Moralists tell us, self-examination is a great virtue, an indispensable duty. I don't believe it. Generally, it is utterly useless, hopeless, and unprofitable. Much of it springs from the very egotism it pretends to cure. There are not more conceited hypocrites on earth than many of your “miserable sinners.”

If I cannot think of something or somebody better than myself, I will just give up thinking altogether: will pass entirely to the uppermost of my two lives, which I have now made to tally so successfully that they seem of one material: like our girls' new cloaks, which everybody imagines sober grey, till a lifting of the arms shows the other side of the cloth to be scarlet.

That reminds me in what a blaze of scarlet Captain Treherne appeared at our modest dinner-table. He was engaged to a full-dress party at the Camp, he said, and must leave immediately after dinner,—which he didn't. Was his company much missed, I wonder? Two here could well have spared it—Colin Granton and Francis Charteris.

How odd that until to-night Captain Treherne should have had no notion that his cousin was engaged to our Penelope, or even visited at Rockmount. Odd too, that other people never told him. But it is such an old affair, and we were not likely to make the solemn communication ourselves; besides, we never knew much about the youth, except that he was one of Francis's fine relations. Yet to think that Francis all these years should never have even hinted to these said fine relations that he was engaged to our Penelope!

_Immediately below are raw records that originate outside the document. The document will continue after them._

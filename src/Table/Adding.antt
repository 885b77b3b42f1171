-- ===== src/Table/Adding.antt =====
-- `coucal_write_value_` on a key that is not there, with keys that a handler of the caller
-- duplicates.
use coucal.Base.{
  ℕ, ◌+◌, ◌≤◌, ◌<◌, ◌≡◌, refl, ap, ◌∙◌, inl, inr, Bool, true, some, List, ◌==◌, Bool-cases, arith,
}
use coucal.Keys.{key_text, dup_name, calc_hashes}
use coucal.Pool.{text}
use coucal.Run.{ok, ◌>>=◌, Returns}
use coucal.State.{Item, Name, outside, Stats, Coucal, Allocator, stash_size}
use coucal.Table.Draining.{Shuffled, Shuffled-refl, drain_stash-Shuffled}
use coucal.Table.Entries.{mass}
use coucal.Table.Layout.{Layout, SameRest, SameRest-trans, weight}
use coucal.Table.Stashing.{add_item-Added}
use coucal.Table.Valid.{Valid}
use coucal.Table.Write.{count_add, drain_if_used, write_new}

-- Statistics are no part of any invariant.
pub restat-Layout : (c : Coucal) (s : Stats) → Layout c → Layout (record c { stats = s })
restat-Layout c s l = record {
  lg_low = l.lg_low;
  lg_high = l.lg_high;
  width = l.width;
  home = l.home;
  stash_width = l.stash_width;
  stash_extent = l.stash_extent;
  stash_live = l.stash_live;
  stash_clear = l.stash_clear;
}

pub restat-Valid : (c : Coucal) (s : Stats) → Valid c → Valid (record c { stats = s })
restat-Valid c s v = record {
  layout = restat-Layout c s v.layout;
  counted = v.counted;
  hashed = v.hashed;
  once = v.once;
}

pub drain_if_used-Shuffled : (c : Coucal) → Layout c → Shuffled c (drain_if_used c)
unfolding drain_if_used
drain_if_used-Shuffled c l = elim (Bool-cases (c.stash.size == 0)) [
  | inl e ↦ rw e (Shuffled-refl c l)
  | inr e ↦ rw e (drain_stash-Shuffled c l)
]

restat-SameRest : (c : Coucal) (s : Stats) → SameRest c (record c { stats = s })
restat-SameRest c s = record {
  lg_size = refl;
  used = refl;
  pool = refl;
  custom = refl;
  world = refl;
}

dup_name-handler :
    (alloc : Allocator) (c : Coucal) (name : Name) (dup : List ℕ → List ℕ)
    → c.custom.key.dup ≡ some dup
    → dup_name alloc c name ≡ ok (c, outside (dup (key_text c name)))
unfolding dup_name
dup_name-handler alloc c name dup handler = rw handler

-- The item that a write adds, under a handler `dup`.
abbrev pub new_item : Coucal → Name → ℕ → (List ℕ → List ℕ) → Item
new_item c name value dup = record {
  name = some (outside (dup (key_text c name)));
  value = value;
  hashes = calc_hashes c name;
}

-- What the addition leaves: one entry more, nothing freed.
pub record NewEntry (c : Coucal) (item : Item) (r : Coucal × Bool) : Type 0 where
  pub done : r.1 ≡ true
  pub layout : Layout r.0
  pub rest : SameRest c r.0
  pub stash_grows : r.0.stash.size ≤ c.stash.size + 1
  pub balance : (f : Item → ℕ) → weight f r.0 ≡ weight f c + mass f item

pub write_new-NewEntry :
    (alloc : Allocator) (c : Coucal) (name : Name) (value : ℕ) (dup : List ℕ → List ℕ)
    → Layout c
    → c.custom.key.dup ≡ some dup
    → c.stash.size < stash_size
    → Returns
        (write_new alloc c name value (calc_hashes c name))
        (NewEntry c (new_item c name value dup))
unfolding write_new
write_new-NewEntry alloc c name value dup l handler room =
    let s = drain_if_used-Shuffled (count_add c) (restat-Layout c _ l) in
    let c2 = drain_if_used (count_add c) in
    let item = new_item c name value dup in
    let same_dup : c2.custom.key.dup ≡ some dup = ap (λ u. u.key.dup) s.rest.custom ∙ handler in
    let same_text : key_text c2 name ≡ key_text c name = ap (λ p. text p.buffer name) s.rest.pool in
    let (r, run, a) = add_item-Added c2 item s.layout (omega (arith, s.stash_shrinks)) (λ e. cc) in
    (
      r,
      rw (dup_name-handler alloc c2 name dup same_dup, same_text, ◌>>=◌) run,
      record {
        done = a.done;
        layout = a.layout;
        rest = SameRest-trans (restat-SameRest c _) (SameRest-trans s.rest a.rest);
        stash_grows = omega (arith, a.stash_grows, s.stash_shrinks);
        balance = λ f. omega (arith, a.balance f, s.balance f);
      },
    )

If I were Penelope—but I have no business to judge other people. I never was in love, they say.

To see the meeting between these two was quite dramatic, and as funny as a farce.

Francis sitting on the sofa by Penelope, talking to Mrs. Granton and her friend Miss Emery, and doing a little bit of lazy love-making between whiles. When enters, late and hurried, Captain Treherne. He walks straight up to papa, specially attentive; then bows to Lisabel, specially distant and unattentive; (I thought, though, at sight of her he grew as hot as if his regimental collar were choking him); then hastens to pay his respects to Miss Johnston, when lo! he beholds Mr. Francis Charteris.

“Charteris! what the—what a very unexpected pleasure!”

Francis shook hands in what we call his usual fascinating manner.

“Miss Johnston!”—in his surprise Captain Treherne had quite forgotten her—“I really beg your pardon. I had not the slightest idea you were acquainted with my cousin.” Nor did the young man seem particularly pleased with the discovery.